(What this task involves): Output only the stretch of the listing that starts at the line containing "act c (put m)" and ends at the line containing "added c tick = []", reproduced exactly with both ends.

(Dataset records):
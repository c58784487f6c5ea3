-- ===== src/Server/Overlap/Sequential.antt =====
-- A request that is not interrupted, against the handlers of core/http.go.
use envisilab.Base.{◌≡◌, Option, none, some, nat_eq, list_eq, arith, Text}
use envisilab.Context.Interface.{ContextOps}
use envisilab.Endpoint.{create_entity}
use envisilab.Endpoint.Sync.{sync_handler, sync_client}
use envisilab.Endpoint.UserData.{with_user_data, act_on, standby_handler, beacon_handler}
use envisilab.Server.{
  Outside, Handler, sync, standby, beacon, data_channel, download, Arrival, Answer, Server, handle,
}
use envisilab.Server.Overlap.{
  Stage, arrived, finished, refused, start, draw_token, make_entity, enter, find, take, act, move,
}

module _ (o : Outside) {c : ContextOps} where
  abbrev pub next :
      Arrival o → Text → Handler → Option (Stage o × Server c) → Option (Stage o × Server c)
  next req token_id handler none = none
  next req token_id handler (some (stage, server)) = move o server req token_id handler stage

  -- A request from its arrival to its answer, with no other request in between.
  unfoldable pub alone : Server c → Arrival o → Text → Handler → Option (Stage o × Server c)
  alone server req token_id handler =
      next req token_id handler
        (next req token_id handler (move o server req token_id handler arrived))

  abbrev pub finish : Option (Answer o × Server c) → Option (Stage o × Server c)
  finish none = none
  finish (some (answered, server)) = some (finished answered, server)

  alone_sync :
      (server : Server c) (req : Arrival o) (token_id : Text)
      → alone server req token_id sync ≡ finish (handle o server req token_id sync)
  unfolding alone move start draw_token make_entity enter handle sync_handler sync_client
      create_entity refused
  alone_sync server req token_id = ground arith

  alone_beacon :
      (server : Server c) (req : Arrival o) (token_id : Text)
      → alone server req token_id beacon ≡ finish (handle o server req token_id beacon)
  unfolding alone move start find take act handle beacon_handler with_user_data act_on
  alone_beacon server req token_id = ground arith

  alone_standby :
      (server : Server c) (req : Arrival o) (token_id : Text)
      → alone server req token_id standby ≡ finish (handle o server req token_id standby)
  unfolding alone move start find take act handle standby_handler with_user_data act_on
  alone_standby server req token_id = ground arith

  alone_data :
      (server : Server c) (req : Arrival o) (token_id : Text)
      → alone server req token_id data_channel ≡ finish (handle o server req token_id data_channel)
  unfolding alone move start
  alone_data server req token_id = ground arith

  alone_download :
      (server : Server c) (req : Arrival o) (token_id : Text)
      → alone server req token_id download ≡ finish (handle o server req token_id download)
  unfolding alone move start
  alone_download server req token_id = ground arith

  -- A request that is not interrupted does what its handler does: from its arrival to its answer the
  -- stages give the answer, the entities, the heap and the context of the handler as a whole, and
  -- panic where that does.
  pub alone-handle :
      (server : Server c) (req : Arrival o) (token_id : Text) (handler : Handler)
      → alone server req token_id handler ≡ finish (handle o server req token_id handler)
  alone-handle server req token_id sync = alone_sync server req token_id
  alone-handle server req token_id standby = alone_standby server req token_id
  alone-handle server req token_id beacon = alone_beacon server req token_id
  alone-handle server req token_id data_channel = alone_data server req token_id
  alone-handle server req token_id download = alone_download server req token_id
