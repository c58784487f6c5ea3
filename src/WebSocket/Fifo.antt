-- ===== src/WebSocket/Fifo.antt =====
-- The channel of a `WebSocketConnection` of core/http.go between `Write` and `WritePump`.
use mathlib.Core.List.{append_assoc, append-nil, map-append}
use envisilab.Base.{
  ◌≤◌, ◌≡◌, refl, sym, ap, ◌∙◌, none, if◌then◌else◌, ltb, List, [], ◌∷◌, ◌++◌, map, length,
  length-append, arith, nat_eq, Bytes,
}
use envisilab.WebSocket.{
  Socket, WebSocketConnection, Wake, write, frame, queued, write_round, send_capacity,
}
use envisilab.WebSocket

-- A socket that accepts everything; `frames` is what it has sent.
pub record IsOpen (k : Socket) : Type 0 where
  pub frames : k.State → List Bytes
  pub next_writer_ok :
      (s : k.State) → ((k.next_writer s).0 ≡ none) × (frames (k.next_writer s).1 ≡ frames s)
  pub close_writer_ok :
      (s : k.State) (f : Bytes)
      → ((k.close_writer s f).0 ≡ none) × (frames (k.close_writer s f).1 ≡ frames s ++ f ∷ [])
  pub write_ping_ok :
      (s : k.State) → ((k.write_ping s).0 ≡ none) × (frames (k.write_ping s).1 ≡ frames s)

-- What happens at a connection: a message is written to it, or the pump wakes by a message or by the
-- ticker. Nothing in the program ends the channel.
pub data Action : Type 0 where
  put : Bytes → Action
  take tick : Action

module _ {k : Socket} where
  unfoldable pub act : WebSocketConnection k → Action → WebSocketConnection k
  act c (put m) = record c { send = write c.send m }
  act c take = (write_round c Wake.message).1
  act c tick = (write_round c Wake.tick).1

  unfoldable pub run : WebSocketConnection k → List Action → WebSocketConnection k
  run c [] = c
  run c (a ∷ actions) = run (act c a) actions

  -- The message of an action, if it finds room.
  unfoldable pub added : WebSocketConnection k → Action → List Bytes
  added c (put m) = if ltb (length c.send) send_capacity then m ∷ [] else []
  added c take = []
  added c tick = []

  unfoldable pub accepted : WebSocketConnection k → List Action → List Bytes
  accepted c [] = []
  accepted c (a ∷ actions) = added c a ++ accepted (act c a) actions

-- A frame holds a message and those behind it.
abbrev pub Batch : Type 0
Batch = Bytes × List Bytes

-- The text of a JSON array, from the texts of its elements.
abbrev pub elements : List Bytes → Bytes
elements [] = []
elements (m ∷ []) = m
elements (m ∷ m' ∷ ms) = m ++ b',' ∷ elements (m' ∷ ms)

abbrev pub json_array : List Bytes → Bytes
json_array ms = b'[' ∷ (elements ms ++ b']' ∷ [])

elements-queued : (m : Bytes) (ms : List Bytes) → m ++ queued ms ≡ elements (m ∷ ms)
unfolding queued
elements-queued m [] = append-nil m
elements-queued m (m' ∷ ms) = ap (λ (l : Bytes). m ++ b',' ∷ l) (elements-queued m' ms)

frame-json_array : (m : Bytes) (ms : List Bytes) → frame m ms ≡ json_array (m ∷ ms)
unfolding frame
frame-json_array m ms =
    ap (λ (l : Bytes). b'[' ∷ l)
      (sym (append_assoc m (queued ms) (b']' ∷ []))
        ∙ ap (λ (l : Bytes). l ++ b']' ∷ []) (elements-queued m ms))

abbrev pub batch_frame : Batch → Bytes
batch_frame (m, ms) = json_array (m ∷ ms)

-- One frame, a JSON array, for all that waits in a channel, and none where nothing does.
abbrev pub frame_of : List Bytes → List Bytes
frame_of [] = []
frame_of (m ∷ ms) = json_array (m ∷ ms) ∷ []

abbrev pub messages : List Batch → List Bytes
messages [] = []
messages ((m, ms) ∷ batches) = m ∷ ms ++ messages batches

module _ {k : Socket} (o : IsOpen k) where
  -- What a connection has sent since, and what is left in the channel.
  pub record IsFifo (before after : WebSocketConnection k) (added : List Bytes) : Type 0 where
    pub batches : List Batch
    pub framed : o.frames after.conn ≡ o.frames before.conn ++ map batch_frame batches
    pub order : messages batches ++ after.send ≡ before.send ++ added
    pub room : length before.send ≤ send_capacity → length after.send ≤ send_capacity

  IsFifo-refl : (c : WebSocketConnection k) → IsFifo c c []
  IsFifo-refl c = record {
    batches = [];
    framed = sym (append-nil (o.frames c.conn));
    order = sym (append-nil c.send);
    room = λ h. h;
  }

  messages-append : (xs ys : List Batch) → messages (xs ++ ys) ≡ messages xs ++ messages ys
  messages-append [] ys = refl
  messages-append ((m, ms) ∷ xs) ys =
      ap (λ (l : List Bytes). m ∷ ms ++ l) (messages-append xs ys)
      ∙ sym (append_assoc (m ∷ ms) (messages xs) (messages ys))

  IsFifo-trans :
      (a b c : WebSocketConnection k) (xs ys : List Bytes)
      → IsFifo a b xs
      → IsFifo b c ys
      → IsFifo a c (xs ++ ys)
  IsFifo-trans a b c xs ys v w = record {
    batches = v.batches ++ w.batches;
    framed = simp (w.framed, v.framed, map-append, append_assoc);
    order =
        ap (λ (l : List Bytes). l ++ c.send) (messages-append v.batches w.batches)
        ∙ append_assoc (messages v.batches) (messages w.batches) c.send
        ∙ ap (λ (l : List Bytes). messages v.batches ++ l) w.order
        ∙ sym (append_assoc (messages v.batches) b.send ys)
        ∙ ap (λ (l : List Bytes). l ++ ys) v.order
        ∙ append_assoc a.send xs ys;
    room = λ h. w.room (v.room h);
  }

  take-IsFifo : (c : WebSocketConnection k) (s : List Bytes) → c.send ≡ s → IsFifo c (act c take) []
  unfolding act write_round WebSocket.send_frame
  take-IsFifo c [] e = record {
    batches = [];
    framed = ground (arith, e, append-nil (o.frames c.conn));
    order = ground (arith, e, append-nil c.send);
    room = λ h. ground (arith, e);
  }
  take-IsFifo c (m ∷ rest) e =
      let (ready, same) = o.next_writer_ok c.conn in
      let (sent, more) = o.close_writer_ok (k.next_writer c.conn).1 (frame m rest) in
      record {
        batches = (m, rest) ∷ [];
        framed = ground (arith, e, ready, same, sent, more, frame-json_array m rest);
        order = ground (arith, e, ready, sent, append-nil c.send, append-nil (m ∷ rest));
        room = λ h. ground (arith, e, ready, sent);
      }

  act-IsFifo : (c : WebSocketConnection k) (a : Action) → IsFifo c (act c a) (added c a)
  unfolding act added write_round WebSocket.send_frame write
  act-IsFifo c (put m) = record {
    batches = [];
    framed = sym (append-nil (o.frames c.conn));
    order = ground (arith, append-nil c.send);
    room = λ h. ground (arith, length-append c.send (m ∷ []));
  }
  act-IsFifo c take = take-IsFifo c c.send refl
  act-IsFifo c tick = record {
    batches = [];
    framed = (o.write_ping_ok c.conn).1 ∙ sym (append-nil (o.frames c.conn));
    order = sym (append-nil c.send);
    room = λ h. h;
  }

  -- Whatever is written to a connection and whenever its pump wakes, over a socket that accepts
  -- everything: what was accepted comes out in the frames, each a JSON array of what it holds, once and in its order, up to what is still
  -- in the channel, and the channel never holds more than 100 messages.
  pub run-IsFifo :
      (c : WebSocketConnection k) (actions : List Action)
      → IsFifo c (run c actions) (accepted c actions)
  unfolding run accepted
  run-IsFifo c [] = IsFifo-refl c
  run-IsFifo c (a ∷ actions) =
      IsFifo-trans c (act c a) (run (act c a) actions) (added c a) (accepted (act c a) actions)
        (act-IsFifo c a) (run-IsFifo (act c a) actions)

  take_empties : (c : WebSocketConnection k) → (act c take).send ≡ []
  unfolding act write_round WebSocket.send_frame
  take_empties c =
      ground (arith, o.next_writer_ok c.conn, o.close_writer_ok (k.next_writer c.conn).1)

  -- The frame that the pump sends of what it finds in the channel.
  pub frames-write_round :
      (c : WebSocketConnection k) (s : List Bytes)
      → c.send ≡ s
      → let end = (write_round c Wake.message).1 in
        (end.send ≡ []) × (o.frames end.conn ≡ o.frames c.conn ++ frame_of s)
  unfolding write_round WebSocket.send_frame
  frames-write_round c [] e = ground (arith, e, append-nil (o.frames c.conn))
  frames-write_round c (m ∷ rest) e =
      let (ready, same) = o.next_writer_ok c.conn in
      let (sent, more) = o.close_writer_ok (k.next_writer c.conn).1 (frame m rest) in
      (
        ground (arith, e, ready, sent),
        ground (arith, e, ready, same, sent, more, frame-json_array m rest),
      )

  -- Once the pump has woken by a message after whatever was written, over a socket that accepts
  -- everything, each message that found room has been sent: the frames since are JSON arrays that hold these messages, once
  -- and in their order, and nothing is left in the channel.
  pub run_sends_all :
      (c : WebSocketConnection k) (actions : List Action)
      → c.send ≡ []
      → let end = act (run c actions) take in
        (end.send ≡ [])
        × ((batches : List Batch) × (o.frames end.conn ≡ o.frames c.conn ++ map batch_frame batches)
            × (messages batches ≡ accepted c actions))
  run_sends_all c actions fresh =
      let end = act (run c actions) take in
      let empty = take_empties (run c actions) in
      let v =
        IsFifo-trans c (run c actions) end (accepted c actions) [] (run-IsFifo c actions)
          (take-IsFifo (run c actions) (run c actions).send refl) in
      (
        empty,
        (
          v.batches,
          v.framed,
          sym (append-nil (messages v.batches))
              ∙ ap (λ (l : List Bytes). messages v.batches ++ l) (sym empty)
              ∙ v.order
              ∙ ap (λ (l : List Bytes). l ++ (accepted c actions ++ [])) fresh
              ∙ append-nil (accepted c actions),
        ),
      )
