-- ===== src/Lib.antt =====
-- CasPaste: a service that stores pastes. This library models the parts of it that decide: which
-- paste a request finds, which client may send one more, which token or session is accepted, which
-- address is locked out, when a task runs next, which backups are kept, and which request gets to
-- its handler.
--
-- Parts, and the files of the repository they come from:
--   Lineend: src/lineend/lineend.go. The style of line ends of a text (`GetLineEnd`) and the nine
--     conversions, which `PasteAddFromForm` applies to what it stores.
--   RateLimit: src/netshare/ratelimit.go. One limiter per client address with its background worker,
--     and the cascade of three limiters (`RateLimitSystem`) that every request passes.
--   Storage: src/storage/paste.go and src/storage/share.go. The table of pastes, in the primary
--     database and an optional backup. Writes run on both, except the deletion of an expired paste that
--     is looked up.
--   Token: src/token/token.go. The tokens of users, organisations and admins, in three tables.
--   Session: src/session/session.go. The sessions of users who are logged in.
--   BruteForce: src/caspasswd/bruteforce.go. Failed logins per address, lockout and clean-up.
--   Cron: src/scheduler/cron.go. Cron expressions (`ParseCron`) and the times they name (`Next`).
--   Retention: src/backup/retention.go. Which backups the policy deletes, by counts for each kind of
--     backup and then by a cap on the total size.
--   Validation: src/validation/bool.go, driver.go and fqdn.go. Boolean words, the names of database
--     drivers and their connection strings, domain names and e-mail addresses.
--   Host: src/netshare/host.go. Which host and protocol a request was sent to, which client sent it,
--     and the URL of a paste, with the headers of proxies (`GetHost`, `GetClientAddrTrusted`).
--   Form: src/netshare/paste.go. `PasteAddFromForm`, which puts the above together: the method, the
--     limits of RateLimit, the decoded request, the checks, the line ends of Lineend, and Storage.
--   Scheduler: src/scheduler/scheduler.go. The tasks and when they run, by the times of Cron.
--   Password: src/caspasswd/caspasswd.go. The file of users and hashes, logins and rehashing.
--   Totp: src/totp/totp.go. One-time passwords (`Verify`) and recovery keys.
--   Reading: src/apiv1/get.go, src/raw/handler.go, src/web/dl.go, get.go, embedded.go, url.go and
--     edit.go, and hastebinGet of src/apiv1/compat.go. The handlers that show or change one paste, as
--     the calls of Storage that they make, which may interleave (Reading/Races), and what they send.
--   Api: src/apiv1/new.go, list.go and error.go. The creation of pastes, which asks BruteForce and
--     Password on a private instance and then Form, and the listing. Api/Compat: src/apiv1/compat.go,
--     the interfaces of other services, which give their pastes to Storage past the checks of Form.
--   Web: src/web/auth.go, csrf.go and middleware.go. Logins with the lockout of BruteForce, the token
--     of the cookie, who must log in (with the beginning of `Handler` in src/web/web.go), forged
--     submissions, CORS, and paths.
--   Admin: src/admin/db.go. Accounts of administrators and invitations.
--   Secrets: src/backup/encryption.go and src/storage/secrets.go. Encrypted backups, and secrets that
--     outlive a restart.
--   Settings: src/portutil/portutil.go, src/cli/duration.go and src/mode/mode.go.
--   Prelude: shared texts, lists, maps, tables of rows, base64, numbers in texts, signed numbers and
--     tests.
--   Storage/Spec is the contract of Storage: a map of pastes by their ids.
--
-- Names: a Go function `FooBar` is `foo_bar` here, and a struct keeps its name and its fields. A
-- method takes its receiver as an argument and returns the new one beside its results.
--
-- State and environment:
--   A Go mutex makes each call atomic, so concurrent use is a sequence of calls. A mutated struct is
--   passed on explicitly. A map is a function to `Option`, or a list of its entries in the order in
--   which Go ranges over it, where the code ranges over it.
--   A database table is a list of rows. Each statement has an outcome, an argument: it runs, or the
--   driver reports an error and the statement has had no effect.
--   Clock readings, random draws and bytes, what handlers return and what a file holds are
--   arguments; SHA-256, HMAC, AES-GCM, base32, `argon2.IDKey`, bcrypt, the calendar, the format of
--   times, `filepath.Base`, `filepath.Join`, what the highlighter knows of a syntax,
--   `time.ParseDuration`, `Duration.Seconds`, `net.ParseIP` and `net.SplitHostPort` are parameters.
--   Nothing is assumed of them but what a theorem names. A form or a JSON body comes decoded.
--   Instants and counts are natural numbers; int64 does not overflow before the year 2262 and is not
--   modelled for instants, except for the time of deletion of a paste, whose sum wraps around.
--   `strconv.Atoi` has its 64-bit bounds. Texts are lists of bytes; white space and the case of
--   letters are those of ASCII.
--
-- Fuel: the loop over step values of `parseField` runs on fuel, since the source has a step for
-- which it does not end; as much fuel as the field has values is enough for positive steps. The
-- digits of a printed `int64` have fuel for 20 of them, and there are at most 19. The search of
-- `Next` has the bound of the source, 366 * 4 * 24 * 60 rounds.
--
-- Not modelled: templates, answers as JSON, logs and metrics, the configuration files, the package
-- src/compat, and set-up and migration of databases, which are I/O over libraries; the panel
-- of administrators but its accounts; the search for TLS certificates; the archives of backups, whose
-- sizes and times are data here. `parseMaxTotalSize`, which reads floating-point text and the size of
-- the disk, and `GetGlobalIP` are arguments too.
pub mod Prelude
pub mod Lineend
pub mod RateLimit
pub mod Storage
pub mod Token
pub mod Session
pub mod BruteForce
pub mod Cron
pub mod Retention
pub mod Validation
pub mod Form
pub mod Scheduler
pub mod Password
pub mod Host
pub mod Totp
pub mod Reading
pub mod Web
pub mod Api
pub mod Secrets
pub mod Settings
pub mod Admin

(Answer box):
  act c (put m) = record c { send = write c.send m }
  act c take = (write_round c Wake.message).1
  act c tick = (write_round c Wake.tick).1

  unfoldable pub run : WebSocketConnection k → List Action → WebSocketConnection k
  run c [] = c
  run c (a ∷ actions) = run (act c a) actions

  -- The message of an action, if it finds room.
  unfoldable pub added : WebSocketConnection k → Action → List Bytes
  added c (put m) = if ltb (length c.send) send_capacity then m ∷ [] else []
  added c take = []
  added c tick = []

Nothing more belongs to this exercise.